The process of credit scoring is made possible by companies called credit reference agencies, who collect and store information on the financial activities of all of us. Details such as credit applications we've made, credit searches carried out on us, payments we've missed or made late, and debts that we've not paid are all held on what's known as a credit file. Every one of us who's made contact with the financial services industry will have a credit file dedicated to us.

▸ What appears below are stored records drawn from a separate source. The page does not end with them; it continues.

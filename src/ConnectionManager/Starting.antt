-- ===== src/ConnectionManager/Starting.antt =====
-- A connection that is asked for: the promise of the one who asks.
use orpal.Base.{
  ℕ, ◌+◌, ltb, eqb, String, [], ◌∷◌, none, some, ◌≡◌, refl, ◌==◌, if◌then◌else◌, inl, inr,
  Bool-cases, Option-cases, arith, eq_iff,
}
use orpal.Dict
use orpal.Dict.Laws.{get-set}
use orpal.NumberMap
use orpal.NumberMap.Laws as NumberLaws
use orpal.ConnectionManager.{
  Manager, waiters_of, ensure_connection, join_or_begin, begin_connecting, is_connected,
}
use orpal.ConnectionManager.Promises.{
  IsSound, Linked, settlements, settlements-append, open_promises,
}

module _ (key : String) (m : Manager) (s : IsSound m)
    (idle : Dict.get key m.pending_connects ≡ none) where
  none_waits : waiters_of (Dict.get key m.connect_waiters) ≡ []
  none_waits = rw idle at (s.linked key)

  waiters_after :
      (k : String)
      → Dict.get k (begin_connecting key m).connect_waiters
        ≡ (if key == k then some (m.next_promise ∷ []) else Dict.get k m.connect_waiters)
  unfolding begin_connecting NumberMap.add
  waiters_after k = rw (none_waits) (get-set key k _ m.connect_waiters)

  pending_after :
      (k : String)
      → Dict.get k (begin_connecting key m).pending_connects
        ≡ (if key == k then some m.next_promise else Dict.get k m.pending_connects)
  unfolding begin_connecting
  pending_after k = get-set key k m.next_promise m.pending_connects

  timers_after :
      (n : ℕ)
      → NumberMap.get n (begin_connecting key m).timers
        ≡ (if eqb m.next_promise n then some key else NumberMap.get n m.timers)
  unfolding begin_connecting
  timers_after n = NumberLaws.get-set m.next_promise n key m.timers

  fresh_promise : NumberMap.get m.next_promise m.timers ≡ none
  fresh_promise = ground (arith, s.settled m.next_promise)

  settlements_after :
      (n : ℕ) → settlements n (begin_connecting key m).events ≡ settlements n m.events
  unfolding begin_connecting
  settlements_after n = omega (arith, settlements-append)

  next_after : (begin_connecting key m).next_promise ≡ m.next_promise + 1
  unfolding begin_connecting
  next_after = refl

  begin_connecting-Linked :
      (k : String)
      → Linked
          (Dict.get k (begin_connecting key m).pending_connects)
          (waiters_of (Dict.get k (begin_connecting key m).connect_waiters))
  begin_connecting-Linked k = elim (Bool-cases (key == k)) [
    | inl same ↦ rw (pending_after k, waiters_after k, same) refl
    | inr apart ↦ rw (pending_after k, waiters_after k, apart) (s.linked k)
  ]

  timed_after :
      (k : String) (i : ℕ)
      → Dict.get k (begin_connecting key m).pending_connects ≡ some i
      → NumberMap.get i (begin_connecting key m).timers ≡ some k
  timed_after k i h =
      ground (arith, pending_after k, timers_after i, s.timed k i, eq_iff key k, fresh_promise)

  pended_after :
      (i : ℕ) (k : String)
      → NumberMap.get i (begin_connecting key m).timers ≡ some k
      → Dict.get k (begin_connecting key m).pending_connects ≡ some i
  pended_after i k h =
      ground (arith, pending_after k, timers_after i, s.pended i k, eq_iff key k, idle)

  settled_after :
      (i : ℕ)
      → settlements i (begin_connecting key m).events
          + open_promises (NumberMap.get i (begin_connecting key m).timers)
        ≡ (if ltb i (begin_connecting key m).next_promise then 1 else 0)
  settled_after i =
      ground (arith, settlements_after i, next_after, timers_after i, s.settled i, fresh_promise)

  pub begin_connecting-IsSound : IsSound (begin_connecting key m)
  begin_connecting-IsSound = record {
    linked = begin_connecting-Linked;
    timed = timed_after;
    pended = pended_after;
    settled = settled_after;
  }

join_or_begin-IsSound : (key : String) (m : Manager) → IsSound m → IsSound (join_or_begin key m).1
unfolding join_or_begin
join_or_begin-IsSound key m s = elim (Option-cases (Dict.get key m.pending_connects)) [
  | inl idle ↦ rw (join_or_begin, idle) (begin_connecting-IsSound key m s idle)
  | inr (n, inflight) ↦ rw (join_or_begin, inflight) s
]

pub ensure_connection-IsSound :
    (key : String) (m : Manager) → IsSound m → IsSound (ensure_connection key m).1
unfolding ensure_connection
ensure_connection-IsSound key m s = elim (Option-cases (Dict.get key m.connections)) [
  | inl absent ↦ rw (ensure_connection, absent) (join_or_begin-IsSound key m s)
  | inr (conn, found) ↦ elim (Bool-cases (is_connected (some conn))) [
    | inl up ↦ rw (ensure_connection, found, up) s
    | inr lost ↦ rw (ensure_connection, found, lost) (join_or_begin-IsSound key m s)
  ]
]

When you apply for a loan, the first thing the lender will do is request a copy of your file from one of the credit reference agencies, so that they will have the bare facts of your financial and credit history available to them to help them come to a decision. It is not however, contrary to
popular belief, the credit agencies who decide whether you're a good or bad credit risk, and they have no direct control over your credit score.

This will be determined by a set of credit scoring criteria drawn up by the lender, of which your credit file is only a part. Each kind of entry on your file will be given a 'weight' in the scoring process, along with other information you gave on your application form such as income, residential status, marital status, length of time in employment, and so on. The importance given to the various factors will vary from lender to lender. For example, one company may place great importance on being a homeowner with a high income, and may not to be too concerned over previous late payments or arrears. In contrast, another company may not be concerned about where you live, but will take a dim view of any previous
black marks on your file, however inconsequential.

Once all this information has been weighed up, the lender will be left with an overall credit score. If this score is below their minimum threshold for approving a loan, your application will be rejected. If your credit score is excellent, then you will likely be approved at an attractive rate of interest. The majority of people will, naturally, fall somewhere between these two positions, and will be offered a loan at an interest rate that reflects their individual credit score. By law, the interest rate that two thirds or more of applicants can expect to be offered is the one that
should be given greatest emphasis and prominence in any advertisements or marketing material.

If you find that your credit score is too low to get a decent loan deal, then you can look into ways of improving your credit rating. This is a whole new subject in itself, but suffice to say that you should be wary of any companies who claim to be able to dramatically improve your credit
rating. This is in many cases unrealistic. What you can do though is to get hold of a copy of your credit file yourself, for a minimal fee, and check that all the information on it is correct. By doing this, you'll at least be getting your loan application off to a proper start.